**Problem description**
The expected response is a copy of every line in the entries below that includes the word "most".

Saved data entries
====================

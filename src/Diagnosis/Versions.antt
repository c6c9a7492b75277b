-- ===== src/Diagnosis/Versions.antt =====
-- Predicates on firmware versions, nff_diagnosis/correlation/predicate.py. The comparison is modelled for the
-- version attributes; that of the others goes through floats. Digits are those of ASCII.
pub mod Order
use nff_core.Prelude.{
  ℕ, zero, suc, ◌+◌, ◌-◌, ◌*◌, ltb, nat_eqb, Bool, true, false, not, ◌&&◌, ◌||◌, Option, none, some,
  List, [], ◌∷◌, ◌++◌, length, if◌then◌else◌, Text, is_digit, is_blank, map, select, max,
}
use nff_core.Tools.Update.Versions.{split_char}

to_dot : ℕ → ℕ
to_dot c = if nat_eqb c b'-' || nat_eqb c b'_' then b'.' else c

number_from : ℕ → Text → ℕ
number_from acc [] = acc
number_from acc (c ∷ s) = number_from (acc * 10 + (c - b'0')) s

-- `started` holds once a part was found; then a chunk without digits ends the version.
parts_of : Bool → List Text → List ℕ
unfolding number_from is_blank is_digit
parts_of started [] = []
parts_of started (chunk ∷ chunks) =
    let digits = select is_digit chunk in
    let rest = parts_of (not (is_blank digits) || started) chunks in
    if not (is_blank digits) then number_from 0 digits ∷ rest else if started then [] else rest

some_parts : List ℕ → Option (List ℕ)
some_parts [] = none
some_parts (n ∷ ns) = some (n ∷ ns)

unfoldable pub parse_version : Text → Option (List ℕ)
unfolding to_dot parts_of some_parts split_char
parse_version s = some_parts (parts_of false (split_char b'.' (map to_dot s)))

abbrev pub zeros : ℕ → List ℕ
zeros zero = []
zeros (suc n) = 0 ∷ zeros n

-- `a + (0,) * (n - len(a))`
unfoldable pub pad : ℕ → List ℕ → List ℕ
unfolding zeros
pad n a = a ++ zeros (n - length a)

-- Python's order of tuples, and of texts by their code points
unfoldable pub tuple_lt : List ℕ → List ℕ → Bool
tuple_lt [] [] = false
tuple_lt [] (y ∷ ys) = true
tuple_lt (x ∷ xs) [] = false
tuple_lt (x ∷ xs) (y ∷ ys) = ltb x y || nat_eqb x y && tuple_lt xs ys

unfoldable pub tuple_eq : List ℕ → List ℕ → Bool
tuple_eq [] [] = true
tuple_eq [] (y ∷ ys) = false
tuple_eq (x ∷ xs) [] = false
tuple_eq (x ∷ xs) (y ∷ ys) = nat_eqb x y && tuple_eq xs ys

-- What is compared: the padded versions if both parse, the texts otherwise
sides : Text → Text → Option (List ℕ) → Option (List ℕ) → List ℕ × List ℕ
unfolding pad
sides actual expected (some a) (some e) =
    (pad (max (length a) (length e)) a, pad (max (length a) (length e)) e)
sides actual expected _ _ = (actual, expected)

pub data Op : Type 0 where
  le lt ge gt eq : Op

holds : Op → List ℕ × List ℕ → Bool
holds le (a, e) = tuple_lt a e || tuple_eq a e
holds lt (a, e) = tuple_lt a e
holds ge (a, e) = tuple_lt e a || tuple_eq e a
holds gt (a, e) = tuple_lt e a
holds eq (a, e) = tuple_eq a e

-- `_compare` for a version attribute; one that is missing satisfies nothing.
unfoldable pub compare_version : Option Text → Op → Text → Bool
unfolding sides holds tuple_lt tuple_eq
compare_version none op expected = false
compare_version (some actual) op expected =
    holds op (sides actual expected (parse_version actual) (parse_version expected))
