-- ===== src/Diagnosis/Versions/Order.antt =====
-- The version predicates agree with one another.
use nff_core.Prelude.{
  ℕ, zero, suc, ◌+◌, ◌-◌, ltb, Bool, true, false, not, ◌||◌, some, List, [], ◌∷◌, ◌++◌, length,
  Text, max, ◌≡◌, ◌⊎◌, refl, ap, ◌∙◌, inl, inr, Bool-cases, arith,
}
use nff_core.Diagnosis.Versions.{
  le, lt, ge, gt, eq, parse_version, zeros, pad, tuple_lt, tuple_eq, sides, holds, compare_version,
}

-- Exactly one of the three
abbrev pub OneOf : Bool → Bool → Bool → Type 0
OneOf a b c =
    ((a ≡ true) × (b ≡ false) × (c ≡ false))
    ⊎ ((a ≡ false) × (b ≡ true) × (c ≡ false))
    ⊎ ((a ≡ false) × (b ≡ false) × (c ≡ true))

trichotomy : (xs ys : List ℕ) → OneOf (tuple_lt xs ys) (tuple_eq xs ys) (tuple_lt ys xs)
unfolding tuple_lt tuple_eq
trichotomy [] [] = inr (inl (refl, refl, refl))
trichotomy [] (y ∷ ys) = inl (refl, refl, refl)
trichotomy (x ∷ xs) [] = inr (inr (refl, refl, refl))
trichotomy (x ∷ xs) (y ∷ ys) = elim (Bool-cases (ltb x y)) [
  | inl e ↦ inl (ground arith, ground arith, ground arith)
  | inr e ↦ elim (Bool-cases (ltb y x)) [
    | inl t ↦ inr (inr (ground arith, ground arith, ground arith))
    | inr t ↦ elim (trichotomy xs ys) [
      | inl (a, b, c) ↦ inl (ground arith, ground arith, ground arith)
      | inr (inl (a, b, c)) ↦ inr (inl (ground arith, ground arith, ground arith))
      | inr (inr (a, b, c)) ↦ inr (inr (ground arith, ground arith, ground arith))
    ]
  ]
]

from_one : (a b c : Bool) → OneOf a b c → (a || b) ≡ not c
from_one a b c (inl (p, q, r)) = ground arith
from_one a b c (inr (inl (p, q, r))) = ground arith
from_one a b c (inr (inr (p, q, r))) = ground arith

lt_or_eq : (xs ys : List ℕ) → (tuple_lt xs ys || tuple_eq xs ys) ≡ not (tuple_lt ys xs)
lt_or_eq xs ys = from_one (tuple_lt xs ys) (tuple_eq xs ys) (tuple_lt ys xs) (trichotomy xs ys)

-- Of any two versions exactly one of `<`, `==` and `>` holds, whether they parse or not; `<=` is the opposite
-- of `>`, and `>=` of `<`.
pub compare_version_trichotomy :
    (actual expected : Text)
    → OneOf
        (compare_version (some actual) lt expected)
        (compare_version (some actual) eq expected)
        (compare_version (some actual) gt expected)
      × (compare_version (some actual) le expected
          ≡ not (compare_version (some actual) gt expected))
      × (compare_version (some actual) ge expected
          ≡ not (compare_version (some actual) lt expected))
unfolding compare_version holds
compare_version_trichotomy actual expected =
    let (a, e) = sides actual expected (parse_version actual) (parse_version expected) in
    (trichotomy a e, lt_or_eq a e, lt_or_eq e a)

length-zeros : (xs : List ℕ) (n : ℕ) → length (xs ++ zeros n) ≡ length xs + n
unfolding zeros
length-zeros [] zero = refl
length-zeros [] (suc n) = omega (arith, length-zeros [] n)
length-zeros (x ∷ xs) n = omega (arith, length-zeros xs n)

tuple_eq_refl : (xs : List ℕ) → tuple_eq xs xs ≡ true
unfolding tuple_eq
tuple_eq_refl [] = refl
tuple_eq_refl (x ∷ xs) = ground (arith, tuple_eq_refl xs)

padded : (m : ℕ) (xs : List ℕ) (n : ℕ) → m ≡ length xs + n → pad m xs ≡ xs ++ zeros n
unfolding pad
padded m xs n h = let short : m - length xs ≡ n = omega arith in rw short refl

append_none : (xs : List ℕ) → xs ++ [] ≡ xs
append_none [] = refl
append_none (x ∷ xs) = ap (λ l. x ∷ l) (append_none xs)

full : (m : ℕ) (xs : List ℕ) → m ≡ length xs → pad m xs ≡ xs
unfolding zeros
full m xs h = padded m xs 0 (omega arith) ∙ append_none xs

-- A version and the same one with zeros at its end are equal to the predicates.
pub compare_version-zeros :
    (actual expected : Text) (ns : List ℕ) (k : ℕ)
    → parse_version actual ≡ some ns
    → parse_version expected ≡ some (ns ++ zeros k)
    → compare_version (some actual) eq expected ≡ true
unfolding compare_version sides holds
compare_version-zeros actual expected ns k a e =
    let most : max (length ns) (length (ns ++ zeros k)) ≡ length ns + k =
      omega (arith, length-zeros ns k) in
    rw
      (
        a,
        e,
        padded (max (length ns) (length (ns ++ zeros k))) ns k most,
        full (max (length ns) (length (ns ++ zeros k))) (ns ++ zeros k)
            (omega (arith, most, length-zeros ns k)),
      )
      (tuple_eq_refl (ns ++ zeros k))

====================

**Task result**
    let most : max (length ns) (length (ns ++ zeros k)) ≡ length ns + k =
        padded (max (length ns) (length (ns ++ zeros k))) ns k most,
            (omega (arith, most, length-zeros ns k)),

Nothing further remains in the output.